VDRAs can preserve and improve BMD by several mechanisms. VDRAs promote differentiation of osteoblast precursors into mature cells, significantly suppress osteoclastic bone activity, and maintain trabecular bone volume and wall thickness [98, 99]. In addition VDRAs can reverse glucocorticoid-induced decreases in intestinal calcium absorption and mitigate against secondary hyperparathyroidism [99].

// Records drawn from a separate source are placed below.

-- ===== src/Requirements/Crc.antt =====
-- `record_crc` of apps/requirements/services.py, and the blocks and assignments that the decisions
-- on a check move.
use risk_management.Common.{
  ℕ, ◌+◌, Bool, false, ◌&&◌, Option, none, some, List, [], ◌∷◌, ◌++◌, ◌==◌, ltb, if◌then◌else◌,
  is_none, select,
}
use risk_management.Calendar.{Date, before}
use risk_management.Org.{
  ScreeningBlock, not_blocked, crc_not_clear, is_disqualified, is_crc_not_clear,
  set_screening_block,
}
use risk_management.Audit.{crc_recorded, crc_record, requirement_instance}
use risk_management.Requirements.Definition.{RequirementDefinition, definition_at, is_crc}
use risk_management.Requirements.Instance.{RequirementInstance, complete, blocked, no_due_reason}
use risk_management.Requirements.Records.{
  CrcRecord, CrcResult, cleared, not_clear, NotClearOutcome, pending, crc_expires_on,
}
use risk_management.Requirements.Progress.{refuse_self, refresh_dependents, save}
use risk_management.Review.{Entity, InstanceSnapshot, Snapshot, crc, snapshot}
use risk_management.Review.Recording.{open_if_unverified}
use risk_management.Tenant.{
  Tenant, Env, Result, ok, ◌>>=◌, ◌>>◌, refuse_if, or_raise, in_the_future,
  permanently_disqualified, disqualification_is_permanent, audit, entity,
}

abbrev is_crc_row : List RequirementDefinition → RequirementInstance → Bool
is_crc_row table i = elim (definition_at table i.definition_id) [
  | none ↦ false
  | some d ↦ is_crc d && d.is_active
]

abbrev sequence_of : List RequirementDefinition → RequirementInstance → ℕ
sequence_of table i = elim (definition_at table i.definition_id) [ none ↦ 0 | some d ↦ d.sequence ]

abbrev lower :
    List RequirementDefinition
    → RequirementInstance
    → Option RequirementInstance
    → Option RequirementInstance
lower table i none = some i
lower table i (some j) = if ltb (sequence_of table j) (sequence_of table i) then some j else some i

-- The row of the lowest sequence, the first of several.
unfoldable pub least_sequence :
    List RequirementDefinition → List RequirementInstance → Option RequirementInstance
least_sequence table [] = none
least_sequence table (i ∷ rest) = lower table i (least_sequence table rest)

unfoldable pub crc_instance_for :
    List RequirementDefinition → List RequirementInstance → Option RequirementInstance
unfolding least_sequence
crc_instance_for table rows = least_sequence table (select (is_crc_row table) rows)

abbrev newer : CrcRecord → Option CrcRecord → Option CrcRecord
newer r none = some r
newer r (some s) = if before r.report_date s.report_date then some s else some r

-- The check of the latest report date, the first of several.
unfoldable pub latest : List CrcRecord → Option CrcRecord
latest [] = none
latest (r ∷ rest) = newer r (latest rest)

-- `CRCRecord.objects.filter(superseded_by__isnull=True).order_by("-report_date").first()`, before
-- the new check is in the table.
abbrev pub current_check : List CrcRecord → Option CrcRecord
current_check records = latest (select (λ r. is_none r.superseded_by) records)

unfoldable pub put_crc_record : CrcRecord → List CrcRecord → List CrcRecord
put_crc_record r [] = []
put_crc_record r (x ∷ xs) = (if x.pk == r.pk then r else x) ∷ put_crc_record r xs

abbrev superseded_check : ℕ → Option CrcRecord → List CrcRecord → List CrcRecord
superseded_check pk none records = records
superseded_check pk (some r) records = put_crc_record (record r { superseded_by = some pk }) records

abbrev first_outcome : CrcResult → Option NotClearOutcome
first_outcome cleared = none
first_outcome not_clear = some pending

abbrev pub check_row : ℕ → CrcResult → Date → Bool → Bool → CrcRecord
check_row pk result report_date sector fingerprint = record {
  pk = pk;
  result = result;
  report_date = report_date;
  includes_vulnerable_sector = sector;
  is_fingerprint_verified = fingerprint;
  not_clear_outcome = first_outcome result;
  superseded_by = none;
}

-- The requirement's row under a result.
unfoldable pub checked_row : CrcResult → Date → RequirementInstance → RequirementInstance
unfolding crc_expires_on
checked_row cleared report_date i = record i {
  completed_on = some report_date;
  expires_on = some (crc_expires_on report_date);
  status = complete;
  due_on = none;
  due_reason = no_due_reason;
}
checked_row not_clear report_date i = record i {
  status = blocked;
  completed_on = none;
  expires_on = none;
}

abbrev pub save_checked : Env → CrcResult → Date → Option RequirementInstance → Tenant → Tenant
save_checked env result report_date none t = t
save_checked env result report_date (some i) t =
    refresh_dependents env i.definition_id (save (checked_row result report_date i) t)

-- `volunteer.set_screening_block(block)`, and the receiver of the save.
unfoldable pub block_volunteer : Env → ScreeningBlock → Tenant → Result Tenant
unfolding set_screening_block
block_volunteer env block t = do
  v ← or_raise disqualification_is_permanent (set_screening_block env.now block t.volunteer)
  ok (record t { volunteer = v; pending_syncs = t.pending_syncs + 1 })

-- A block that waits on a check is lifted; any other stands.
unfoldable pub lift_not_clear : Env → Tenant → Result Tenant
unfolding block_volunteer
lift_not_clear env t =
    if is_crc_not_clear t.volunteer.screening_block then block_volunteer env not_blocked t else ok t

abbrev pub block_for : Env → CrcResult → Tenant → Result Tenant
block_for env cleared t = lift_not_clear env t
block_for env not_clear t = block_volunteer env crc_not_clear t

abbrev fields_of : Option RequirementInstance → Option InstanceSnapshot
fields_of none = none
fields_of (some i) = some (snapshot i)

abbrev key_of : Option CrcRecord → Option ℕ
key_of none = none
key_of (some r) = some r.pk

abbrev pub affected_by : Option RequirementInstance → Option Entity
affected_by none = none
affected_by (some i) = some (entity requirement_instance i.pk)

abbrev pub crc_snapshot : Tenant → Option RequirementInstance → Snapshot
crc_snapshot t i = record {
  instance_fields = fields_of i;
  screening_block = some t.volunteer.screening_block;
  superseded_by_id = key_of (current_check t.crc_records);
  ended_assignments = [];
}

-- The new check is in the table, and the one it supersedes points to it.
abbrev pub filed : CrcRecord → Tenant → Tenant
filed r t = record t {
  crc_records = superseded_check r.pk (current_check t.crc_records) t.crc_records ++ r ∷ [];
  next_pk = t.next_pk + 1;
}

unfoldable pub record_crc : Env → CrcResult → Date → Bool → Bool → Tenant → Result Tenant
unfolding refuse_self checked_row
record_crc env result report_date sector fingerprint t = do
  refuse_self env t.volunteer
  refuse_if (before env.today report_date) in_the_future
  refuse_if (is_disqualified t.volunteer.screening_block) permanently_disqualified
  let i = crc_instance_for t.definitions t.instances
  let pk = t.next_pk
  let u = filed (check_row pk result report_date sector fingerprint) t
  w ← block_for env result (save_checked env result report_date i u)
  open_if_unverified env crc (entity crc_record pk) (affected_by i) (crc_snapshot t i)
      (audit env crc_recorded (entity crc_record pk) w)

Some studies demonstrate that oral calcitriol lowers PTH in patients with persistent post-transplant hyperparathyroidism [100, 101]. Several placebo controlled clinical trials demonstrate that active vitamin D preserves and improves BMD at both the lumbar spine and femoral neck in renal allograft recipients [45–49]. None of these studies show that VDRAs have any deleterious effects on renal allograft function. Clinically important outcomes such as mortality, hospitalizations, or fractures were not evaluated in these studies. Although, bisphosphonates have been shown to be superior to VDRAs in preserving and improving BMD in clinical trials [33, 102, 103], there is emerging evidence that suggests the use of either bisphosphonates or VDRAs in solid organ transplant recipients prevents fractures in the first post-transplant year [97]. Table 24.2 summarizes the indications, risks, and contraindications of VDRA therapy.